L'Indonésie a promulgué une nouvelle loi qui permettrait aux délinquants sexuels d'enfants d'être castrés chimiquement pour éviter de nouveaux abus. Le processus, qui consiste à injecter aux criminels des substances qui abaissent les niveaux de testostérone et donc réduit la libido, a été présenté au président Joko Widodo en décembre 2020 et s'est révélé extrêmement controversé.



La castration chimique ne sera pas toujours appliquée.

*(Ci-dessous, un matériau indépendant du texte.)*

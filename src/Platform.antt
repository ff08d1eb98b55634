-- ===== src/Platform.antt =====
-- What the services share: errors, transactions and the rules for them.
-- packages/platform/src
pub mod Monad
pub mod Rules
pub mod Denylist
pub mod Auth
pub mod Relay
pub mod Lossless
pub mod Consumer
pub mod Settled
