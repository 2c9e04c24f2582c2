-- ===== src/MapFiles/Wire/Roundtrip.antt =====
-- The mapping that `Initialize` (Extensions/MapFiles/mapFiles.cpp) builds in the child process from
-- what `writeMappings` wrote in its parent.
use native.Mathlib.Nat.{suc-add, zero-add, add_assoc}
use buildpal.Prelude.{
  ℕ, suc, ◌+◌, ◌-◌, ◌^◌, ◌<◌, ◌≡◌, refl, sym, ap, ◌∙◌, some, List, [], ◌∷◌, ◌++◌, append-nil,
  append_assoc, length, All, arith,
}
use buildpal.MapFiles.Pipe.{PipeApi, count_bytes}
use buildpal.MapFiles.Mapping.{FileList, DirMap, add_file_in}
use buildpal.MapFiles.Wire.{
  returned, read_mapping, read_dir, read_files, initialize, write_mappings,
}
use buildpal.MapFiles.Wire.Frames.{
  dir_bytes, files_bytes, dirs_bytes, maps_bytes, write_mappings-bytes,
}
use buildpal.MapFiles.Wire.Read.{FitsText, read_mapping-bytes, read_dir-bytes, read_dir-end}

abbrev pub FitsFiles : FileList → Type 0
FitsFiles = All (λ e. FitsText e.0 × FitsText e.1)

-- a directory that the format can carry: with a name, not empty, and not too long
pub record FitsDir (e : List ℕ × FileList) : Type 0 where
  pub name : FitsText e.0
  pub named : 0 < length e.0
  pub files : FitsFiles e.1
  pub nonempty : 0 < length e.1
  pub few : length e.1 < 2 ^ 31

abbrev pub add_files : List ℕ → FileList → DirMap → DirMap
add_files dir [] m = m
add_files dir ((file, real) ∷ files) m = add_files dir files (add_file_in m dir file real)

abbrev pub add_dirs : DirMap → DirMap → DirMap
add_dirs [] m = m
add_dirs ((dir, files) ∷ dirs) m = add_dirs dirs (add_files dir files m)

abbrev pub add_maps : List DirMap → DirMap → DirMap
add_maps [] m = m
add_maps (dirs ∷ maps) m = add_maps maps (add_dirs dirs m)

-- the number of directories, which is the number of rounds
abbrev pub rounds : List DirMap → ℕ
rounds [] = 0
rounds (dirs ∷ maps) = length dirs + rounds maps

pub zero_count : 0 ∷ 0 ∷ 0 ∷ 0 ∷ [] ≡ count_bytes 0
unfolding count_bytes
zero_count = refl

module _ (os : PipeApi) where
  open os use {Pipe, contents}

  read_files-step :
      (n : ℕ) (p q : Pipe) (dir file real : List ℕ) (m : DirMap)
      → read_mapping os p ≡ some (file, real, q)
      → read_files os (suc n) p dir m ≡ read_files os n q dir (add_file_in m dir file real)
  unfolding read_files
  read_files-step n p q dir file real m e = ground arith

  initialize-step :
      (fuel n : ℕ) (p q r : Pipe) (old dir : List ℕ) (m m' : DirMap)
      → read_dir os p old ≡ some (record { dir_name = dir; entries = n; pipe = q })
      → 0 < n
      → read_files os n q dir m ≡ (m', some r)
      → initialize os (suc fuel) p old m ≡ initialize os fuel r dir m'
  unfolding initialize
  initialize-step fuel n p q r old dir m m' d pos f = ground arith

  pub initialize-end :
      (fuel : ℕ) (p q : Pipe) (old : List ℕ) (m : DirMap)
      → read_dir os p old ≡ some (record { dir_name = old; entries = 0; pipe = q })
      → initialize os (suc fuel) p old m ≡ returned 0 m
  unfolding initialize
  initialize-end fuel p q old m d = ground arith

  read_files-bytes :
      (files : FileList) (p : Pipe) (dir rest : List ℕ) (m : DirMap)
      → FitsFiles files
      → contents p ≡ files_bytes files ++ rest
      → (q : Pipe) × (read_files os (length files) p dir m ≡ (add_files dir files m, some q))
        × (contents q ≡ rest)
  read_files-bytes [] p dir rest m h e = (p, unfold read_files in refl, e)
  read_files-bytes ((file, real) ∷ files) p dir rest m h e =
      let (a, ra, ca) =
        read_mapping-bytes os p file real (files_bytes files ++ rest) h.0.0 h.0.1
          (e ∙ append_assoc _ (files_bytes files) rest) in
      let (q, rq, cq) = read_files-bytes files a dir rest (add_file_in m dir file real) h.1 ca in
      (q, read_files-step (length files) p a dir file real m ra ∙ rq, cq)

  pub initialize-dirs :
      (dirs : DirMap) (fuel : ℕ) (p : Pipe) (old rest : List ℕ) (m : DirMap)
      → All FitsDir dirs
      → contents p ≡ dirs_bytes dirs ++ rest
      → (q : Pipe) × (name : List ℕ) × (initialize os (length dirs + fuel) p old m
          ≡ initialize os fuel q name (add_dirs dirs m))
        × (contents q ≡ rest)
  initialize-dirs [] fuel p old rest m h e = (p, old, rw zero-add, e)
  initialize-dirs ((dir, files) ∷ dirs) fuel p old rest m h e =
      let (a, ra, ca) =
        read_dir-bytes os p dir (files_bytes files ++ (dirs_bytes dirs ++ rest)) old (length files)
          h.0.name h.0.named h.0.nonempty h.0.few
          (e
            ∙ append_assoc _ (files_bytes files ++ dirs_bytes dirs) rest
            ∙ ap (λ (t : List ℕ). dir_bytes dir (length files) ++ t)
                (append_assoc (files_bytes files) _ rest)) in
      let (b, rb, cb) = read_files-bytes files a dir (dirs_bytes dirs ++ rest) m h.0.files ca in
      let (q, name, rq, cq) = initialize-dirs dirs fuel b dir rest (add_files dir files m) h.1 cb in
      (
        q,
        name,
        rw suc-add (
            initialize-step (length dirs + fuel) (length files) p a b old dir m _ ra h.0.nonempty rb
            ∙ rq),
        cq,
      )

  initialize-maps :
      (maps : List DirMap) (fuel : ℕ) (p : Pipe) (old rest : List ℕ) (m : DirMap)
      → All (All FitsDir) maps
      → contents p ≡ maps_bytes maps ++ rest
      → (q : Pipe) × (name : List ℕ) × (initialize os (rounds maps + fuel) p old m
          ≡ initialize os fuel q name (add_maps maps m))
        × (contents q ≡ rest)
  initialize-maps [] fuel p old rest m h e = (p, old, rw zero-add, e)
  initialize-maps (dirs ∷ maps) fuel p old rest m h e =
      let (a, n, ra, ca) =
        initialize-dirs dirs (rounds maps + fuel) p old (maps_bytes maps ++ rest) m h.0
          (e ∙ append_assoc _ (maps_bytes maps) rest) in
      let (q, name, rq, cq) = initialize-maps maps fuel a n rest (add_dirs dirs m) h.1 ca in
      (q, name, rw add_assoc (ra ∙ rq), cq)

  -- The child returns 0 and adds to its mapping, in order, every file of every directory of every
  -- mapping that its parent wrote, if no directory is without files or without a name and none
  -- has 2 ^ 31 files, and every text has fewer than 0xFFFF characters, as the assertions of the code
  -- want it. One round more than there are directories is enough.
  pub initialize-write_mappings :
      (maps : List DirMap) (fuel : ℕ) (p q : Pipe) (old : List ℕ) (m : DirMap)
      → All (All FitsDir) maps
      → contents p ≡ []
      → write_mappings os p maps ≡ some q
      → rounds maps < fuel
      → initialize os fuel q old m ≡ returned 0 (add_maps maps m)
  initialize-write_mappings maps fuel p q old m h empty written enough =
      let bytes = write_mappings-bytes os maps p q written in
      let (a, n, ra, ca) =
        initialize-maps maps (suc (fuel - rounds maps - 1)) q old (count_bytes 0) m h
          (bytes ∙ rw empty (ap (λ (t : List ℕ). maps_bytes maps ++ t) zero_count)) in
      let (b, rb, cb) = read_dir-end os a [] n (ca ∙ sym (append-nil (count_bytes 0))) in
      let split : fuel ≡ rounds maps + suc (fuel - rounds maps - 1) = omega arith in
      rw split (ra ∙ initialize-end _ a b n _ rb)
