-- ===== src/MapFiles/Wire/Rebuilt.antt =====
-- What is found in the mapping that a child process has built (Extensions/MapFiles/mapFiles.cpp).
use buildpal.Prelude.{
  ℕ, ◌≡◌, refl, Option, none, some, List, [], ◌∷◌, All, arith, ite, text_discrete,
}
use buildpal.Prelude.Assoc.{lookup, Distinct, Values}
use buildpal.MapFiles.Mapping.{FileList, DirMap, add_file_in, find_file}
use buildpal.MapFiles.Mapping.Lookup.{find_file-add_file_in}
use buildpal.MapFiles.Wire.Roundtrip.{add_files, add_dirs, add_maps}

-- the later answer, where there is one
abbrev pub override : Option (List ℕ) → Option (List ℕ) → Option (List ℕ)
override (some r) old = some r
override none old = old

-- no directory and no file of a directory stands twice
abbrev pub IsMap : DirMap → Type 0
IsMap dirs = Distinct text_discrete dirs × Values text_discrete (Distinct text_discrete) dirs

find_file-add_files :
    (dir : List ℕ) (files : FileList) (m : DirMap) (d f : List ℕ)
    → Distinct text_discrete files
    → find_file (add_files dir files m) d f
      ≡ ite
          (text_discrete d dir)
          (override (lookup text_discrete f files) (find_file m d f))
          (find_file m d f)
unfolding lookup
find_file-add_files dir [] m d f h = ground arith
find_file-add_files dir ((file, real) ∷ files) m d f h = ground (
  arith,
  find_file-add_files dir files (add_file_in m dir file real) d f h.1,
  find_file-add_file_in m dir file real d f,
  h.0,
)

find_file-add_dirs :
    (dirs m : DirMap) (d f : List ℕ)
    → IsMap dirs
    → find_file (add_dirs dirs m) d f ≡ override (find_file dirs d f) (find_file m d f)
unfolding find_file lookup
find_file-add_dirs [] m d f h = refl
find_file-add_dirs ((dir, files) ∷ dirs) m d f h = ground (
  arith,
  find_file-add_dirs dirs (add_files dir files m) d f (h.0.1, h.1.1),
  find_file-add_files dir files m d f h.1.0,
  h.0.0,
)

-- the last of the mappings that knows the file
abbrev pub find_in : List DirMap → List ℕ → List ℕ → Option (List ℕ)
find_in [] d f = none
find_in (dirs ∷ maps) d f = override (find_in maps d f) (find_file dirs d f)

-- The child finds a file where the last of the mappings that it was sent and that knows the file
-- puts it, and otherwise where it found it before.
pub find_file-add_maps :
    (maps : List DirMap) (m : DirMap) (d f : List ℕ)
    → All IsMap maps
    → find_file (add_maps maps m) d f ≡ override (find_in maps d f) (find_file m d f)
find_file-add_maps [] m d f h = refl
find_file-add_maps (dirs ∷ maps) m d f h =
    ground
      (arith, find_file-add_maps maps (add_dirs dirs m) d f h.1, find_file-add_dirs dirs m d f h.0)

Bien que cette décision ne signifie pas que tous les délinquants sexuels d'enfants seront automatiquement castrés chimiquement, cela signifie que les procureurs et les experts peuvent le recommander lors de la détermination de la peine pour les accusations existantes. En d'autres termes, il sera appliqué au cas par cas.

La politique se veut un «moyen de dissuasion» pour les délinquants sexuels d'enfants. Selon une déclaration faite par le Ministère indonésien de l’autonomisation des femmes et de la protection de l’enfance Vice World News , le gouvernement espère que l’inclusion de la castration chimique dans les charges retenues contre les criminels les dissuadera de commettre ces actes odieux au départ, même s’il n’est pas clair si ce sera le cas.

Il a été suggéré pour la première fois en 2016. L'idée de permettre à ces délinquants d'être castrés chimiquement a été présentée pour la première fois en 2016 après qu'un cas notoire de viol d'enfant ait choqué et horrifié le pays. Cependant, ce n'est que le mois dernier, près de quatre ans plus tard, qu'il a été promulgué. La nouvelle loi précise qu'un criminel peut être castré chimiquement jusqu'à deux ans par infraction.



Amnesty International proteste contre cette décision. L'organisation est appelant à une halte sur la décision de donner du temps pour une révision urgente de la politique à faire. «L'abus sexuel des enfants est indescriptiblement horrible. Mais soumettre les délinquants à la castration chimique ou à des exécutions n'est pas justice, cela ajoute une cruauté à une autre », a déclaré Papang Hidayat, chercheur à Amnesty International sur l'Indonésie. «La castration chimique forcée est une violation de l'interdiction de la torture et des autres peines ou traitements cruels, inhumains ou dégradants en vertu du droit international. L’élargissement du champ d’application de la peine de mort est incompatible avec les obligations internationales de l’Indonésie qui protègent le droit à la vie. De plus, étant donné les graves lacunes du système judiciaire indonésien, le risque d’exécuter des innocents ne pourra jamais être éliminé! »

La Commission nationale sur la violence à l’égard des femmes s’oppose également à cette décision. «Le gouvernement n'atteindra pas sa cible avec la castration, car la violence sexuelle contre les enfants survient en raison de relations de pouvoir déséquilibrées (entre le coupable et la victime) ou de la perception des coupables à l'égard des victimes», mentionné Commissaire Siti Aminah Tardi. «Le contrôle des hormones sexuelles [des coupables] ne mettra pas fin à la violence sexuelle.»